Fire and Environmental Changes

Last week a fire went through the little town of Ohau and destroyed about 40 homes. Some other homes have survived, with varying degrees of heat damage, but the destroyed ones are simply reduced to heaps of ash, with lumps of fractured concrete and bits of metal. Various photographs show devastation where you cannot even distinguish where the sections were, or where the houses were, except for the odd place where there was a burnt-out car frame, and you can probably assume there was a residence there. And this is not even the fire season. Strangely enough, the fire completely burnt out a narrow strip alongside the lake, but further away, the “non-scenic, non prime” properties were largely unaffected. There was a very strong wind blowing at the time, and presumably it was blowing towards the lake. Further away from the town there are large areas that are burnt out and over six thousand hectares was obliterated in a very few days.

So, you may think, the effects of global warming striking home. I would think not. Two weeks previously there was another fire nearby, but it was soon extinguished by a major snowstorm. A major snowstorm around the spring equinox is not exactly unusual, but with that sort of weather present we can hardly blame global warming for the fires.  Obviously something else was responsible. In my opinion, environmentalists.

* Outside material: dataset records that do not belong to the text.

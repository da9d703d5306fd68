-- ===== src/Cluster/KubernetesState/Pods.antt =====
-- Which pods packages/teraslice/lib/cluster/services/cluster/backends/kubernetes/k8sState.js shows on which node.
use mathlib.Core.List.{append_assoc, append-nil}
use teraslice.Cluster.KubernetesState.{
  Pod, Worker, KubeNode, worker_of, is_member, is_running, has_key, push_active, ensure_node,
  add_pod, add_pods, runs_on, without_old, emptied, gen,
}
use teraslice.Base.{
  String, ◌≡◌, refl, sym, ap, subst, ◌∙◌, inl, inr, Bool, true, false, ◌&&◌, ◌||◌, Option, none,
  some, List, [], ◌∷◌, ◌++◌, arith, if◌then◌else◌, Bool-cases, ◌===◌, ===_iff, any_of,
}

-- The workers that a node shows, where the state has it.
abbrev pub active_at : String → List (String × KubeNode) → Option (List Worker)
active_at ip [] = none
active_at ip ((k, n) ∷ l) = if k === ip then some n.active else active_at ip l

-- The running pods of the cluster on a node, in their order.
abbrev pub shown : String → String → List Pod → List Worker
shown label ip [] = []
shown label ip (p ∷ l) =
    if is_member label p && runs_on ip p && is_running p
    then worker_of p ∷ shown label ip l
    else shown label ip l

abbrev pub has_member : String → String → List Pod → Bool
has_member label ip pods = any_of (λ p. is_member label p && runs_on ip p) pods

-- What a node that shows `o` shows with the workers `l`; `b` is whether it is added.
abbrev joined : Option (List Worker) → Bool → List Worker → Option (List Worker)
joined none false l = none
joined none true l = some l
joined (some a) b l = some (a ++ l)

has_key-active_at :
    (ip : String) (s : List (String × KubeNode)) → (has_key ip s ≡ false) → active_at ip s ≡ none
has_key-active_at ip [] h = refl
has_key-active_at ip ((k, n) ∷ s) h = ground (arith, has_key-active_at ip s)

active_at-snoc :
    (ip j : String) (n : KubeNode) (s : List (String × KubeNode))
    → has_key j s ≡ false
    → active_at ip (s ++ (j, n) ∷ []) ≡ (if j === ip then some n.active else active_at ip s)
active_at-snoc ip j n [] h = refl
active_at-snoc ip j n ((k, m) ∷ s) h =
    ground (arith, ===_iff k ip, ===_iff j ip, ===_iff k j, active_at-snoc ip j n s)

joined-nothing : (o : Option (List Worker)) → joined o false [] ≡ o
joined-nothing none = refl
joined-nothing (some a) = ap (λ x. some x) (append-nil a)

has_key-joined :
    (ip : String) (s : List (String × KubeNode))
    → has_key ip s ≡ true
    → joined (active_at ip s) true [] ≡ active_at ip s
has_key-joined ip [] h = absurd (ground arith)
has_key-joined ip ((k, n) ∷ s) h = elim (Bool-cases (k === ip)) [
  | inl e ↦ rw e (ap (λ x. some x) (append-nil n.active))
  | inr e ↦ rw e (has_key-joined ip s (ground arith))
]

ensure_node-active_at :
    (ip j : String) (s : List (String × KubeNode))
    → active_at ip (ensure_node j s)
      ≡ (if j === ip then joined (active_at ip s) true [] else active_at ip s)
ensure_node-active_at ip j s = elim (Bool-cases (has_key j s)) [
  | inl h ↦ rw h (elim (Bool-cases (j === ip)) [
    | inl e ↦
        rw e (sym (has_key-joined ip s (subst (λ x. has_key x s ≡ true) ((===_iff j ip).0 e) h)))
    | inr e ↦ rw e refl
  ])
  | inr h ↦ rw h (
      active_at-snoc ip j _ s h ∙ (elim (Bool-cases (j === ip)) [
        | inl e ↦ rw e (
            ap (λ o. joined o true [])
              (sym
                (has_key-active_at ip s (subst (λ x. has_key x s ≡ false) ((===_iff j ip).0 e) h))))
        | inr e ↦ rw e refl
      ]))
]

has_key-snoc :
    (j : String) (n : KubeNode) (s : List (String × KubeNode)) → has_key j (s ++ (j, n) ∷ []) ≡ true
has_key-snoc j n [] = ground (arith, ===_iff j j)
has_key-snoc j n ((k, m) ∷ s) = ground (arith, has_key-snoc j n s)

ensure_node-has_key :
    (j : String) (s : List (String × KubeNode)) → has_key j (ensure_node j s) ≡ true
ensure_node-has_key j s = elim (Bool-cases (has_key j s)) [
  | inl h ↦ rw h h
  | inr h ↦ rw h (has_key-snoc j _ s)
]

push_active-active_at :
    (ip j : String) (w : Worker) (s : List (String × KubeNode))
    → has_key j s ≡ true
    → active_at ip (push_active j w s)
      ≡ (if j === ip then joined (active_at ip s) true (w ∷ []) else active_at ip s)
push_active-active_at ip j w [] h = absurd (ground arith)
push_active-active_at ip j w ((k, n) ∷ s) h =
    ground (arith, ===_iff k ip, ===_iff j ip, ===_iff k j, push_active-active_at ip j w s)

joined-joined :
    (o : Option (List Worker)) (b c : Bool) (l m : List Worker)
    → (b ≡ false → l ≡ [])
    → joined (joined o b l) c m ≡ joined o (b || c) (l ++ m)
joined-joined none true c l m h = refl
joined-joined none false false l m h = refl
joined-joined none false true l m h = rw (h refl) refl
joined-joined (some a) b c l m h = ap (λ x. some x) (append_assoc a l m)

member_pod :
    (ip : String) (p : Pod) (s : List (String × KubeNode))
    → let s' = ensure_node p.host_ip s in
      active_at ip (if is_running p then push_active p.host_ip (worker_of p) s' else s')
      ≡ joined
          (active_at ip s)
          (runs_on ip p)
          (if runs_on ip p && is_running p then worker_of p ∷ [] else [])
member_pod ip p s =
    let s' = ensure_node p.host_ip s in
    let o = active_at ip s in
    let e = ensure_node-active_at ip p.host_ip s in
    let k = push_active-active_at ip p.host_ip (worker_of p) s' (ensure_node-has_key p.host_ip s) in
    elim (Bool-cases (p.host_ip === ip)) [
      | inl r ↦
          let e1 : active_at ip s' ≡ joined o true [] = e ∙ rw r refl in
          rw r (elim (Bool-cases (is_running p)) [
            | inl f ↦ rw f (
                k
                ∙ rw r (
                    ap (λ x. joined x true (worker_of p ∷ [])) e1
                    ∙ joined-joined o true true [] (worker_of p ∷ []) (λ x. cc)))
            | inr f ↦ rw f e1
          ])
      | inr r ↦
          let e1 : active_at ip s' ≡ o = e ∙ rw r refl in
          rw r (elim (Bool-cases (is_running p)) [
            | inl f ↦ rw f (k ∙ rw r (e1 ∙ sym (joined-nothing o)))
            | inr f ↦ rw f (e1 ∙ sym (joined-nothing o))
          ])
    ]

or-if : (b c : Bool) → (b || c) ≡ (if b then true else c)
or-if true c = refl
or-if false c = refl

add_pod-active_at :
    (label ip : String) (p : Pod) (s : List (String × KubeNode))
    → active_at ip (add_pod label p s)
      ≡ joined (active_at ip s) (is_member label p && runs_on ip p) (shown label ip (p ∷ []))
unfolding add_pod
add_pod-active_at label ip p s = elim (Bool-cases (is_member label p)) [
  | inr h ↦ rw h (sym (joined-nothing (active_at ip s)))
  | inl h ↦ rw h (member_pod ip p s)
]

shown-cons :
    (label ip : String) (p : Pod) (l : List Pod)
    → shown label ip (p ∷ l) ≡ shown label ip (p ∷ []) ++ shown label ip l
shown-cons label ip p l = ground arith

add_pods-active_at :
    (label ip : String) (pods : List Pod) (s : List (String × KubeNode))
    → active_at ip (add_pods label pods s)
      ≡ joined (active_at ip s) (has_member label ip pods) (shown label ip pods)
unfolding add_pods
add_pods-active_at label ip [] s = sym (joined-nothing (active_at ip s))
add_pods-active_at label ip (p ∷ pods) s =
    let o = active_at ip s in
    let b = is_member label p && runs_on ip p in
    let c = has_member label ip pods in
    let l = shown label ip (p ∷ []) in
    let m = shown label ip pods in
    add_pods-active_at label ip pods (add_pod label p s)
    ∙ ap (λ x. joined x c m) (add_pod-active_at label ip p s)
    ∙ joined-joined o b c l m (λ e. ground (arith, e))
    ∙ ap (joined o (b || c)) (sym (shown-cons label ip p pods))
    ∙ ap (λ x. joined o x (shown label ip (p ∷ pods))) (or-if b c)

without_old-has_key :
    (ip : String) (pods : List Pod) (s : List (String × KubeNode))
    → has_key ip (without_old pods s) ≡ (any_of (runs_on ip) pods && has_key ip s)
without_old-has_key ip pods [] = ground arith
without_old-has_key ip pods ((k, n) ∷ s) = elim (Bool-cases (k === ip)) [
  | inl e ↦
      let c : any_of (runs_on k) pods ≡ any_of (runs_on ip) pods =
        ap (λ x. any_of (runs_on x) pods) ((===_iff k ip).0 e) in
      ground (arith, c, e, without_old-has_key ip pods s)
  | inr e ↦ ground (arith, e, without_old-has_key ip pods s)
]

has_member-runs_on :
    (label ip : String) (pods : List Pod)
    → has_member label ip pods ≡ true
    → any_of (runs_on ip) pods ≡ true
has_member-runs_on label ip [] h = h
has_member-runs_on label ip (p ∷ pods) h = ground (arith, has_member-runs_on label ip pods)

emptied-active_at :
    (ip : String) (s : List (String × KubeNode))
    → active_at ip (emptied s) ≡ (if has_key ip s then some [] else none)
emptied-active_at ip [] = refl
emptied-active_at ip ((k, n) ∷ s) = ground (arith, emptied-active_at ip s)

shown_if :
    (a k m : Bool) (l : List Worker)
    → (m ≡ true → a ≡ true)
    → joined (if a && k then some [] else none) m l ≡ (if a && (k || m) then some l else none)
shown_if true true m l h = refl
shown_if true false true l h = refl
shown_if true false false l h = refl
shown_if false k true l h = absurd (ground (arith, h refl))
shown_if false k false l h = refl

-- After the update a node is in the state if one of the pods runs on it and it was there before or the pod is
-- of this cluster; and it then shows exactly the running pods of the cluster on it, in their order.
pub gen-shown :
    (pods : List Pod) (s : List (String × KubeNode)) (label ip : String)
    → active_at ip (gen pods s label) ≡ (
        if any_of (runs_on ip) pods && (has_key ip s || has_member label ip pods)
        then some (shown label ip pods)
        else none)
unfolding gen
gen-shown pods s label ip =
    let s' = emptied (without_old pods s) in
    let e = emptied-active_at ip (without_old pods s) in
    add_pods-active_at label ip pods s'
    ∙ ap (λ o. joined o (has_member label ip pods) (shown label ip pods))
        (e ∙ ap (λ b. if b then some [] else none) (without_old-has_key ip pods s))
    ∙ shown_if (any_of (runs_on ip) pods) (has_key ip s) (has_member label ip pods)
        (shown label ip pods) (has_member-runs_on label ip pods)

That probably needs a simple explanation. What has happened is there is a fairly large area that local farmers had used for free grazing, but the city environmentalists, members of the Green Party, were shouting out, “No, you must preserve native species growing there. They don’t grow anywhere else in the world, and anyway, why should farmers get free grazing?” Now, is that valid or misuse of political influence. (We have MMP as a form of government, and the small Green contingent is part of the present government.)

So surely it is reasonable to preserve a unique environment? First, it is true that there are native plants there that are not found in other countries. But the predominant vegetation is NOT unique native species. Humans have seriously changed the area, and most people do not know what it was like originally. The vegetation has been altered by an infestation of wilding pines and a number of other shrubby introduced species that got out of control. 

The problem with such introduced plants is that the scrubby ones die, and unless something is done with them, they stand there, dessicated, and become excellent fuel for fires. This land was declared conservation land, but then the Conservation Department did nothing with it to get rid of the potential fuel. The argument was, the area was simply too big. They had bitten off far more than they could chew. In that case, they badly needed to let farmers graze the area. One characteristic of well-grazed land is most of that shrubbery is eaten, and the inedible ones are removed by farmers. The “they shouldn’t have free grazing” is just envy, while, “The animals might eat native plants” is correct, but this fire hardly left them intact. Failure to have some control, like grazing, over this shrubbery was simply making fuel for a fire.

The real question is, what are we trying to preserve? Humans have changed the environment. It may be reasonable to try and protect modest areas in their original form, if you can find any, but the great bulk of the area needs to be permitted to evolve, and if humans have done something to alter it, they must permit corrective action to stop phenomena like fires. Conservation is all very well, if what you are conserving is worth while, but why conserve an area of miscellaneous scrub mainly comprising plats that were never there three hundred years ago?

2 thoughts on “Fire and Environmental Changes

  1. I gather NZ’s environment has been drastically altered since European settlement, so what you say makes sense. Removal of fuel materials is necessary to prevent destructive fires. And no landscape remains unchanged indefinitely. I can nevertheless sympathize with those trying to preserve the few remnants of plants that have nearly disappeared.

    • Yes, but in general the native plants are not disappearing, although they may be on pasture, say. But there are many regions where they are still there, except they have to compete with “imported” plants.